随着一纸免职通知,北大附中的“王铮时代”已经结束。
在他被免职之后,有网友评论:“中国需要更多这样的学校。”“用心做教育的人越来越少了。”“我的孩子如果能在这样的学校该多好。”
也有人觉得,王铮被免职是“众望所归”。
评价一所学校的好坏,谁说了算?领导?校长?家长?老师?相信每个人心中都有一杆不一样的秤,但真正有最终话语权的人,必须是学生。

当学生彻底告别了校园,进入到一个真实世界时,他们再回想起母校当年曾馈赠的礼物,或造成的伤害,他们这时候对母校的评价,更有价值。
本文作者,是一名普通又不那么普通的北大附中毕业生刘周岩,他是王铮校长实施改革后的第一批“小白鼠”,他从北大毕业后,曾任《三联生活周刊》记者,现于美国加州大学伯克利分校继续求学。
王铮校长被免职之后,这名学生对此写了一篇字字铿锵的文章,用自己的回忆揭秘了真实的北大附中,桃蛋妈一字一句看完以后,热泪夺眶而出,分享给大家。
不知大家看过之后,会愿意让自己的孩子上这样“有情怀有理想有个性”的学校么?你希望这样的学校是越多越好,还是不再出现呢?

12月14日一早打开手机,看到很多同学发给我的北大附中校长王铮被免职的消息,有的人发了一大段感慨,也有的人只发一个“哎”字,还有附中以外的朋友向我询问原委。
北京大学的免职通知里没有解释任何原因,我只是一个普通毕业生,疫情后也再未见过王校长,自然不知道原委。网络上出现不少讨论,对王铮和他在北大附中进行的教育改革,有的赞扬,也有的批评,有些很有见地,也有些已偏离事实。
一篇文章下面有人评论:“北大附中究竟怎么样,应当由它的学生来说”。我想应当把我经历的附中改革时光以我的视角写出来。
我2010年在王铮改革同年入读北大附中高中部,是完整经历王铮教育改革的第一届学生。2017年我从北京大学中文系本科毕业,进入《三联生活周刊》做记者,又于今年(2021年)来到美国加州大学伯克利分校继续求学,就读于公共政策硕士专业。
离上高中已经过去十年,自己上大学、工作、又留学,同届的同学也走上了各种各样的道路。我们这一批号称“中国基础教育改革最激进实验”的第一批小白鼠,究竟经历了什么,又如何评价那段时光?

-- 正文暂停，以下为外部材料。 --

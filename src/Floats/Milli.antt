-- ===== src/Floats/Milli.antt =====
-- A concrete instance of the interface, for tests: fixed-point numbers in units of 0.001.
use univac.Base.{
  ℕ, zero, suc, ◌+◌, ◌-◌, ◌*◌, ◌/◌, ◌%◌, ◌^◌, ◌≤◌, ◌≡◌, true, ◌&&◌, Option, none, some, [], ◌∷◌,
  ◌++◌, arith, ltb, leb, ◌==◌, if◌then◌else◌, all, all-append,
}
use univac.Base.Int.{ℤ, pos, negsuc, sub_ℕ, ◌+ℤ◌, ◌-ℤ◌, ◌*ℤ◌, neg_ℤ, magnitude, ltb_ℤ, leb_ℤ}
use univac.Text.{Text}
use univac.Floats.{Floating, FloatLaws, is_float_char}

abbrev pub with_sign : ℤ → ℕ → ℤ
with_sign (pos _) n = pos n
with_sign (negsuc _) n = sub_ℕ 0 n

-- The floor of a / b, and what is left, for b > 0.
abbrev pub floor_div : ℤ → ℕ → ℤ
floor_div (pos n) b = pos (n / b)
floor_div (negsuc n) b = negsuc (n / b)

abbrev pub floor_rem : ℤ → ℕ → ℕ
floor_rem (pos n) b = n % b
floor_rem (negsuc n) b = b - 1 - n % b

-- The digits after the point are read down to the thousandth.
read_fraction : ℕ → ℕ → Text → Option ℕ
read_fraction scale acc [] = some (acc * scale)
read_fraction scale acc (c ∷ s) =
    let more =
      read_fraction (if ltb 1 scale then scale / 10 else scale)
        (if ltb 1 scale then acc * 10 + (c - 48) else acc) s in
    if leb 48 c && leb c 57 then more else none

read_digits : ℕ → Text → Option ℕ
unfolding read_fraction
read_digits acc [] = some (acc * 1000)
read_digits acc (c ∷ s) =
    let more = read_digits (acc * 10 + (c - 48)) s in
    if c == b'.' then read_fraction 1000 acc s else if leb 48 c && leb c 57 then more else none

unfoldable pub read_number : Text → Option ℤ
unfolding read_digits
read_number [] = none
read_number (c ∷ s) =
    let minus : Option ℤ = elim (read_digits 0 s) [ none ↦ none | some n ↦ some (sub_ℕ 0 n) ] in
    let plus : Option ℤ = elim (read_digits 0 (c ∷ s)) [ none ↦ none | some n ↦ some (pos n) ] in
    if c == b'-' then minus else plus

-- `count` decimal digits of n.
digits_onto : ℕ → ℕ → Text → Text
digits_onto zero n rest = rest
digits_onto (suc count) n rest = digits_onto count (n / 10) ((48 + n % 10) ∷ rest)

decimal : ℕ → Text
unfolding digits_onto
decimal n =
    if ltb n 10
    then digits_onto 1 n []
    else if ltb n 100
    then digits_onto 2 n []
    else digits_onto 9 n []

unfoldable pub print_fixed : ℕ → ℤ → Text
unfolding decimal magnitude
print_fixed k x =
    (if ltb_ℤ x (pos 0) then b'-' ∷ [] else [])
    ++ (decimal (magnitude x / 1000)
        ++ (b'.' ∷ digits_onto k (magnitude x % 1000 * 10 ^ k / 1000) []))

abbrev pub round_to : ℕ → ℤ → ℤ
round_to k x = if ltb k 3 then with_sign x (magnitude x / 10 ^ (3 - k) * 10 ^ (3 - k)) else x

abbrev pub Milli : Type 0
Milli = ℤ

instance abbrev pub milli : Floating ℤ
milli = record {
  add = ◌+ℤ◌;
  sub = ◌-ℤ◌;
  mul = λ a b. floor_div (a *ℤ b) 1000;
  div = λ a b. with_sign (a *ℤ b) (magnitude a * 1000 / magnitude b);
  rem = λ a b. pos (floor_rem a (magnitude b));
  neg = neg_ℤ;
  abs = λ a. pos (magnitude a);
  round = round_to;
  radians = λ a. floor_div (a *ℤ pos 17453) 1_000_000;
  pi = pos 3142;
  lit = λ n k. pos (n * 10 ^ (3 - k));
  lt = ltb_ℤ;
  le = leb_ℤ;
  read = read_number;
  repr = print_fixed 3;
  fixed = print_fixed;
}

digits_onto-chars :
    (count n : ℕ) (rest : Text)
    → all is_float_char rest ≡ true
    → all is_float_char (digits_onto count n rest) ≡ true
unfolding digits_onto
digits_onto-chars zero n rest h = h
digits_onto-chars (suc count) n rest h =
    digits_onto-chars count (n / 10) ((48 + n % 10) ∷ rest) (ground arith)

decimal-chars : (n : ℕ) → all is_float_char (decimal n) ≡ true
unfolding decimal
decimal-chars n =
    ground (arith, digits_onto-chars 1 n [], digits_onto-chars 2 n [], digits_onto-chars 9 n [])

print_fixed-chars : (k : ℕ) (x : ℤ) → all is_float_char (print_fixed k x) ≡ true
unfolding print_fixed
print_fixed-chars k x = ground (
  arith,
  all-append is_float_char (decimal (magnitude x / 1000))
      (b'.' ∷ digits_onto k (magnitude x % 1000 * 10 ^ k / 1000) []),
  decimal-chars (magnitude x / 1000),
  digits_onto-chars k (magnitude x % 1000 * 10 ^ k / 1000) [],
)

lit_le : (a b k : ℕ) → a ≤ b → leb_ℤ (milli.lit a k) (milli.lit b k) ≡ true
lit_le a b k h = let scaled : a * 10 ^ (3 - k) ≤ b * 10 ^ (3 - k) = grind arith in ground arith

neg_lit_le : (a b k : ℕ) → leb_ℤ (milli.neg (milli.lit a k)) (milli.lit b k) ≡ true
unfolding neg_ℤ
neg_lit_le a b k = ground arith

leb_ℤ_refl : (a : ℤ) → leb_ℤ a a ≡ true
leb_ℤ_refl a = ground arith

pub milli_laws : FloatLaws milli
milli_laws = record {
  le_of_lt = λ a b h. ground arith;
  le_trans = λ a b c h k. ground arith;
  lit_mono = lit_le;
  neg_lit = neg_lit_le;
  neg_lit_refl = λ a k. leb_ℤ_refl (milli.neg (milli.lit a k));
  fixed_chars = print_fixed-chars;
}
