-- ===== src/Floats/MilliMath.antt =====
-- The laws of Floats.Math hold of the fixed-point numbers with the linear functions.
use univac.Base.{ℕ, zero, suc, ◌≡◌, refl, true, arith, ◌≤◌, ◌*◌}
use univac.Base.Int.{ℤ, pos, negsuc, leb_ℤ, neg_ℤ, magnitude, ◌*ℤ◌}
use univac.Floats.Milli.{milli, round_to}
use univac.Floats.Math.{MathLib, MathLaws, linear_math}

abbrev pub milli_math : MathLib ℤ
milli_math = linear_math milli

round_to_mono : (k : ℕ) (a b : ℤ) → leb_ℤ a b ≡ true → leb_ℤ (round_to k a) (round_to k b) ≡ true
unfolding magnitude
round_to_mono zero (pos a) (pos b) h = ground arith
round_to_mono zero (pos a) (negsuc b) h = ground arith
round_to_mono zero (negsuc a) (pos b) h = ground arith
round_to_mono zero (negsuc a) (negsuc b) h = ground arith
round_to_mono (suc zero) (pos a) (pos b) h = ground arith
round_to_mono (suc zero) (pos a) (negsuc b) h = ground arith
round_to_mono (suc zero) (negsuc a) (pos b) h = ground arith
round_to_mono (suc zero) (negsuc a) (negsuc b) h = ground arith
round_to_mono (suc (suc zero)) (pos a) (pos b) h = ground arith
round_to_mono (suc (suc zero)) (pos a) (negsuc b) h = ground arith
round_to_mono (suc (suc zero)) (negsuc a) (pos b) h = ground arith
round_to_mono (suc (suc zero)) (negsuc a) (negsuc b) h = ground arith
round_to_mono (suc (suc (suc k))) a b h = ground arith

mul_unit :
    (a t : ℤ)
    → leb_ℤ (pos 0) a ≡ true
    → leb_ℤ (pos 0) t ≡ true
    → leb_ℤ t (pos 1000) ≡ true
    → (leb_ℤ (pos 0) (milli.mul a t) ≡ true) × (leb_ℤ (milli.mul a t) a ≡ true)
unfolding ◌*ℤ◌
mul_unit (pos a) (pos t) h k l =
    let small : t ≤ 1000 = ground arith in
    let product : a * t ≤ a * 1000 = grind (arith, small) in ground (arith, product)
mul_unit (pos a) (negsuc t) h k l = ground arith
mul_unit (negsuc a) t h k l = ground arith

pub milli_math_laws : MathLaws milli milli_math
unfolding neg_ℤ ◌*ℤ◌ magnitude
milli_math_laws = record {
  le_self = λ a b h. ground arith;
  round_mono = round_to_mono;
  neg_antitone = λ a b h. ground arith;
  neg_le = λ a h. ground arith;
  exp_unit = λ x h. (refl, refl);
  neg_mul_abs = λ x h. ground arith;
  mul_unit = λ a t h k l n. mul_unit a t h l n;
}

我自己总结,也是许多同学共同的感受,附中给我的三件东西铭记一生:学会与人相处、对知识真诚的兴趣、人不必走寻常路。
01 
在共同体中成长
我和王铮校长第一次打交道,是高一一天住校生的晚自习结束,正要从教室回去,发现王校长站在门口——学生都知道王校长每天住在学校,习以为常他在任何时间出现在任何地方。
我正要低头走过,他忽然叫住我:“你是刘周岩?”我很惊讶,还以为闯了什么祸。他解释说看过我写的一篇发在“银杏时报”的评论单元自治制度的文章,网站上的文章配有一幅我主持活动的照片,所以认出来。
我既高兴又有些紧张,可他没有说那篇文章写得好,也没有说写得不好,我们只是寒暄几句,就告别了。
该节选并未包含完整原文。